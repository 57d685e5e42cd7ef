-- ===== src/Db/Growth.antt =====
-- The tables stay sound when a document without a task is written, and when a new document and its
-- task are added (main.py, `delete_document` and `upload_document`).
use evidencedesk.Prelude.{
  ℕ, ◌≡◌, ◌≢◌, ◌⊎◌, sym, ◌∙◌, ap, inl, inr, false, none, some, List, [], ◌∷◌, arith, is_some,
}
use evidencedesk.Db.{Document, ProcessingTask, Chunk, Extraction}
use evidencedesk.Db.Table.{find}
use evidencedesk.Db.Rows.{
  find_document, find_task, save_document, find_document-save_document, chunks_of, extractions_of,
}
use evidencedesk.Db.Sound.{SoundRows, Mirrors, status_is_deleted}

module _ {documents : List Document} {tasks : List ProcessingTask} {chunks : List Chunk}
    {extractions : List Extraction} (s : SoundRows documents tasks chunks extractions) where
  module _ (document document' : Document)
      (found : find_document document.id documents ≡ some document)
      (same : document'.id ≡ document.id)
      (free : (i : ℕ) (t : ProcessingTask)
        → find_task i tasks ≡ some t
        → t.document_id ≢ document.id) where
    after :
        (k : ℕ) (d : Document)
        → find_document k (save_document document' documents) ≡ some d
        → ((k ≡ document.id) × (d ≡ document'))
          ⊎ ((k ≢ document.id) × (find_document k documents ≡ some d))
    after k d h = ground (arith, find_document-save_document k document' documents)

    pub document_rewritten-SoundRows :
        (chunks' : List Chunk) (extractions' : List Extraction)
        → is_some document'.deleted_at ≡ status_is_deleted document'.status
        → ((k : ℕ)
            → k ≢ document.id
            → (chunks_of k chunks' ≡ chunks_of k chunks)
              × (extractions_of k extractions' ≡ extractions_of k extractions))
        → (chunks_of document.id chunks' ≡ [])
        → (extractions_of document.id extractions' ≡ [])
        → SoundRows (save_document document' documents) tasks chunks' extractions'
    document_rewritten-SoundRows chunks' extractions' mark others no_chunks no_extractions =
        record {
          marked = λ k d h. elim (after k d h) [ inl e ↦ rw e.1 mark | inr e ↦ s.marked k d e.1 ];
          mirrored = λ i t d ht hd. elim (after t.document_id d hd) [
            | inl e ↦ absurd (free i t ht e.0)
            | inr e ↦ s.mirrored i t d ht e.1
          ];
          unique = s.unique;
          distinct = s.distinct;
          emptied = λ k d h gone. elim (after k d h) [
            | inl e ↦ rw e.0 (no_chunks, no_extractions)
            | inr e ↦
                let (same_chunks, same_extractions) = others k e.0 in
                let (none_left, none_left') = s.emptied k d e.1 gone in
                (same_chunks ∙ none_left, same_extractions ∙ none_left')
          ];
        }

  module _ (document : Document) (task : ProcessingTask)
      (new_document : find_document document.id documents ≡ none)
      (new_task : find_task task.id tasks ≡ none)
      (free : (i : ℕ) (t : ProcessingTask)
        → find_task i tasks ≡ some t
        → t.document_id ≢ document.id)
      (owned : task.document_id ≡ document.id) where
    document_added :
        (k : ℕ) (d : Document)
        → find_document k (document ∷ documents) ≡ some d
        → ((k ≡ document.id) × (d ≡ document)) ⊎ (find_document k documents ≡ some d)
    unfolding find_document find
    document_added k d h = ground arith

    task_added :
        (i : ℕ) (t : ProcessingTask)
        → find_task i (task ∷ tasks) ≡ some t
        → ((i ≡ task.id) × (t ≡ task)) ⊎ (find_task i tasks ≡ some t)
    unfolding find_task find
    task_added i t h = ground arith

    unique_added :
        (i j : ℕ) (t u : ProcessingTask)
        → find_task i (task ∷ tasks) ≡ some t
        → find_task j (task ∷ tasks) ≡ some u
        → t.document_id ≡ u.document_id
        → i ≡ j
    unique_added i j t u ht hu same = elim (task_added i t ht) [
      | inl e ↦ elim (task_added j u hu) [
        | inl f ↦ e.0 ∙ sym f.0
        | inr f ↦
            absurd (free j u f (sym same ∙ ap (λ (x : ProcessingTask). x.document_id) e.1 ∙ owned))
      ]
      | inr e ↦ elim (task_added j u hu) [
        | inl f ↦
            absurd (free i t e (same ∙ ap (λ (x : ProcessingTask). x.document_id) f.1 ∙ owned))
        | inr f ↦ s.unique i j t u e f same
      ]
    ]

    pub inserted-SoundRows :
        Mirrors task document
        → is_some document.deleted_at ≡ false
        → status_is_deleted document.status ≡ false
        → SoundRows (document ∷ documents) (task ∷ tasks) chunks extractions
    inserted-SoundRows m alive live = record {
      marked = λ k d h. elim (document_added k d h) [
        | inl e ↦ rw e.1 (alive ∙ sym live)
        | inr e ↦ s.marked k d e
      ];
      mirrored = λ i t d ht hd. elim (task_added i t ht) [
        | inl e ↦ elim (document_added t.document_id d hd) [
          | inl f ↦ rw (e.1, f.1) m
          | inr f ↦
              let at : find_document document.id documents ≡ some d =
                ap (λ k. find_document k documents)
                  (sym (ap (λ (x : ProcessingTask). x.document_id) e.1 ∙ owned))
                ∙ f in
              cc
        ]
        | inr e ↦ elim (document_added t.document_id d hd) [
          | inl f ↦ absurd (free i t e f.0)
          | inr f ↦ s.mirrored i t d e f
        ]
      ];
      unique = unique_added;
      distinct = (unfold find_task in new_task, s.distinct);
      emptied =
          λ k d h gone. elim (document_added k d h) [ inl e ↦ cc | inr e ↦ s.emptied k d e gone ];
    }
---
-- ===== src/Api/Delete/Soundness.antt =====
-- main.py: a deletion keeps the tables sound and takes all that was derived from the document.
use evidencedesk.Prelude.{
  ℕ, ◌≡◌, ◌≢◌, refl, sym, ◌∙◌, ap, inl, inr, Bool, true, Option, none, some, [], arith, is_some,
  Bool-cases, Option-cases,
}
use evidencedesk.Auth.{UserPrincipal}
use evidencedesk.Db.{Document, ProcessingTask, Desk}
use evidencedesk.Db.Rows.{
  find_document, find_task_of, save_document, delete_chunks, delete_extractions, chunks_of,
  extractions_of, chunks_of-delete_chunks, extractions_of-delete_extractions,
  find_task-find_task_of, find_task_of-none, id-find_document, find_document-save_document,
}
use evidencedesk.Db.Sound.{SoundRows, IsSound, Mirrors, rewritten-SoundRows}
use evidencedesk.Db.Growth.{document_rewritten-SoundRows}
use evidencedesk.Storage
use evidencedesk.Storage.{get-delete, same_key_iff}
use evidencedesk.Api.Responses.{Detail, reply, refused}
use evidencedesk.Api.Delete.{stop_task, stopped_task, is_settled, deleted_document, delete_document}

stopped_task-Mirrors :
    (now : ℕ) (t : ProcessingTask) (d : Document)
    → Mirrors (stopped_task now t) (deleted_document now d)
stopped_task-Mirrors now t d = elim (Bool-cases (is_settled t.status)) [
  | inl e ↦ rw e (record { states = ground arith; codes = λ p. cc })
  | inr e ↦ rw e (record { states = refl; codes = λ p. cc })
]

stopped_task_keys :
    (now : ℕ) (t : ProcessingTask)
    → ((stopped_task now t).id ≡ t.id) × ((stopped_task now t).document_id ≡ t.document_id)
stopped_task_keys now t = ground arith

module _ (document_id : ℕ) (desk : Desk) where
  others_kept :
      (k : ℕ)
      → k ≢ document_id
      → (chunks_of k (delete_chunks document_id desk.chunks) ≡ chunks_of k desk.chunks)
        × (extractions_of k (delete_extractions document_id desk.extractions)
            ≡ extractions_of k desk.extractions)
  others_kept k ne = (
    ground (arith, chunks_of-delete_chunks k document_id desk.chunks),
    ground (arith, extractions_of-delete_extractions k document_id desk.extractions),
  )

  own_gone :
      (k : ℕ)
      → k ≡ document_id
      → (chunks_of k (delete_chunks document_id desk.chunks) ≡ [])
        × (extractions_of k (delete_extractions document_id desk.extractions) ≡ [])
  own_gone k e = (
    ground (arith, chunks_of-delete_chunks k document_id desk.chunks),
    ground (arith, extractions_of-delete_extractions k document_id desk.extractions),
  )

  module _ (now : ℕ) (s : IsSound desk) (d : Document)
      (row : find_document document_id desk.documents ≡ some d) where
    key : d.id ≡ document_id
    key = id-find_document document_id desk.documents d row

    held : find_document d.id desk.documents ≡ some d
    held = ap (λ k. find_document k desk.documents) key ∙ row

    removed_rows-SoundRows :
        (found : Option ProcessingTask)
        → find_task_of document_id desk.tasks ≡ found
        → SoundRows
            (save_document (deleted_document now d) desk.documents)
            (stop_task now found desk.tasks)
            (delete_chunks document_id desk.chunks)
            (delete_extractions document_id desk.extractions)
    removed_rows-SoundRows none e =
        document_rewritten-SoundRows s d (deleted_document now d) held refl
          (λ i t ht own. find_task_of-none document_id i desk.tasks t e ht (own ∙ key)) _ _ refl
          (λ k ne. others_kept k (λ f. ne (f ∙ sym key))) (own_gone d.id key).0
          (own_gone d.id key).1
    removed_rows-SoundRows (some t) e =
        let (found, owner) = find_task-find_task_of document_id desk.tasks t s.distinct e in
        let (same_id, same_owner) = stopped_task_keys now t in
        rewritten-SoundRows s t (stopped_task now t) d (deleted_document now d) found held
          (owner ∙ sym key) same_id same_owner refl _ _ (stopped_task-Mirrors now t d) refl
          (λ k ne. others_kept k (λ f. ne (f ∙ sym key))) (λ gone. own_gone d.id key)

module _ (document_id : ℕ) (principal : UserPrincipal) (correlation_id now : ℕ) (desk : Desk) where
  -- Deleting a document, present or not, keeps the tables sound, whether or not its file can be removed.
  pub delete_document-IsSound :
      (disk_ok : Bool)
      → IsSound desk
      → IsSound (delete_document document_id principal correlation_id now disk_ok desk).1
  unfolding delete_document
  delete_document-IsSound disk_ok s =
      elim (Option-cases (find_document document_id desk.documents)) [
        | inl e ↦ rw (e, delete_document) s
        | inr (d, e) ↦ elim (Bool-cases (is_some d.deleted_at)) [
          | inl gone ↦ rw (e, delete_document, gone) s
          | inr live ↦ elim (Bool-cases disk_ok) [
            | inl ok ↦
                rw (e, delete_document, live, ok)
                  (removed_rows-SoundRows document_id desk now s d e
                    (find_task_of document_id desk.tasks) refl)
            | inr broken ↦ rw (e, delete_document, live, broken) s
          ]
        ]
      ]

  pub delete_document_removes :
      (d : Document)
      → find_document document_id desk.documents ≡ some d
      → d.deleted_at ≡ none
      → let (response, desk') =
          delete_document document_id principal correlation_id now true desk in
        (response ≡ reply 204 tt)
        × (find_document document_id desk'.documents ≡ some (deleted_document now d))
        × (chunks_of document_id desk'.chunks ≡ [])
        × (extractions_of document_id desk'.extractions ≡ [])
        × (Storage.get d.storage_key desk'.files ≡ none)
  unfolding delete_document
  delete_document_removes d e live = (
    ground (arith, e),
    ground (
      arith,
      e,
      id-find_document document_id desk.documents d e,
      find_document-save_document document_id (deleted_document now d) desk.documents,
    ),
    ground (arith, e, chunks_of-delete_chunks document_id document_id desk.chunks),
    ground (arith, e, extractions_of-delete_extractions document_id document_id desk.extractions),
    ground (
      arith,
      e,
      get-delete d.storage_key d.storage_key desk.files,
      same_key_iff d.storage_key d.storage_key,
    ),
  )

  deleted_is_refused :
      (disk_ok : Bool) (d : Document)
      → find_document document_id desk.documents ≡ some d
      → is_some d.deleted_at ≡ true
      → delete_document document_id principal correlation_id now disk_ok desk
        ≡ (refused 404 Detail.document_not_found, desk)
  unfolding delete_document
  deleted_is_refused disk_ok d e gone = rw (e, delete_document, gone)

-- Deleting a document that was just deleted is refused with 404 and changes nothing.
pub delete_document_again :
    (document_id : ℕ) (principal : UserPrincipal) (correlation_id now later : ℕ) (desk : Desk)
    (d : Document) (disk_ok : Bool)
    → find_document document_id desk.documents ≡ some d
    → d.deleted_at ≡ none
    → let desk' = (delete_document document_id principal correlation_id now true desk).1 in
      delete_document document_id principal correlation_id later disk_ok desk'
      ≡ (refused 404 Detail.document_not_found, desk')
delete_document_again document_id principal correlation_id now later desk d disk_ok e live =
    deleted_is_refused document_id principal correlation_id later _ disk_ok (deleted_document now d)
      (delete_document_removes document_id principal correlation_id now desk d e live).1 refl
---
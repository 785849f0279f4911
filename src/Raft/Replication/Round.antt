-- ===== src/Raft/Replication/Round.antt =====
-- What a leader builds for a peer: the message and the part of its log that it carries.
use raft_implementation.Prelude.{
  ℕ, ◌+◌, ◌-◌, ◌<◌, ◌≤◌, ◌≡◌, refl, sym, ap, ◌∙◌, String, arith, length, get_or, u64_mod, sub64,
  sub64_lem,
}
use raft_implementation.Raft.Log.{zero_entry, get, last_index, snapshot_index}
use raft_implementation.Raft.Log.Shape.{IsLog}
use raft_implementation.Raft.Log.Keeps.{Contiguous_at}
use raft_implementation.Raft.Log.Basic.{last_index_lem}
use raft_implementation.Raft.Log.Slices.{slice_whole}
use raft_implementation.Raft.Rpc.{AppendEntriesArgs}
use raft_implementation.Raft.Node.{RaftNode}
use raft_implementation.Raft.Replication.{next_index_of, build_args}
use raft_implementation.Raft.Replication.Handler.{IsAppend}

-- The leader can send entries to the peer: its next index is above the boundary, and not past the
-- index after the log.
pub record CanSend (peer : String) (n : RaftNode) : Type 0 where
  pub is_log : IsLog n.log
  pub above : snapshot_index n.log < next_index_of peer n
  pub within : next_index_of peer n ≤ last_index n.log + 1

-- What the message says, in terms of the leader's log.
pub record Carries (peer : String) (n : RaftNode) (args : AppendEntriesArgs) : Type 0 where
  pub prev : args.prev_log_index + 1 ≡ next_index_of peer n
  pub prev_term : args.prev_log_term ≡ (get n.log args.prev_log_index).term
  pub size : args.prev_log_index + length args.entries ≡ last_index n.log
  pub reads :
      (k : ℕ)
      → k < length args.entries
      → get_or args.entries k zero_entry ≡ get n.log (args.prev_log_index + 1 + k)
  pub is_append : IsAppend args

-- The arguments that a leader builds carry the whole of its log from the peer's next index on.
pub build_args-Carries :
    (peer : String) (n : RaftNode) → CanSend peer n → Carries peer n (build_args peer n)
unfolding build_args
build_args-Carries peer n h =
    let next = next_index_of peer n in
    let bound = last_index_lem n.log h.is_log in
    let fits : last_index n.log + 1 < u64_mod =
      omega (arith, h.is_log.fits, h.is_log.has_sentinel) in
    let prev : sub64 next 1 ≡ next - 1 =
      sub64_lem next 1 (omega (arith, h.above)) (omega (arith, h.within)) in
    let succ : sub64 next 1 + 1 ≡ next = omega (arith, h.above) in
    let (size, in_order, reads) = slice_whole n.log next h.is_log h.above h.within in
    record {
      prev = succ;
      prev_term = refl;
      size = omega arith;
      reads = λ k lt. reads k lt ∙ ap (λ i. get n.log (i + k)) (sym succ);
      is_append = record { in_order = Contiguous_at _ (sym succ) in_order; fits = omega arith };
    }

## The problem
Scan the records for the word "within". Copy each line where it turns up.

## Solution for this task
  pub within : next_index_of peer n ≤ last_index n.log + 1
      sub64_lem next 1 (omega (arith, h.above)) (omega (arith, h.within)) in
    let (size, in_order, reads) = slice_whole n.log next h.is_log h.above h.within in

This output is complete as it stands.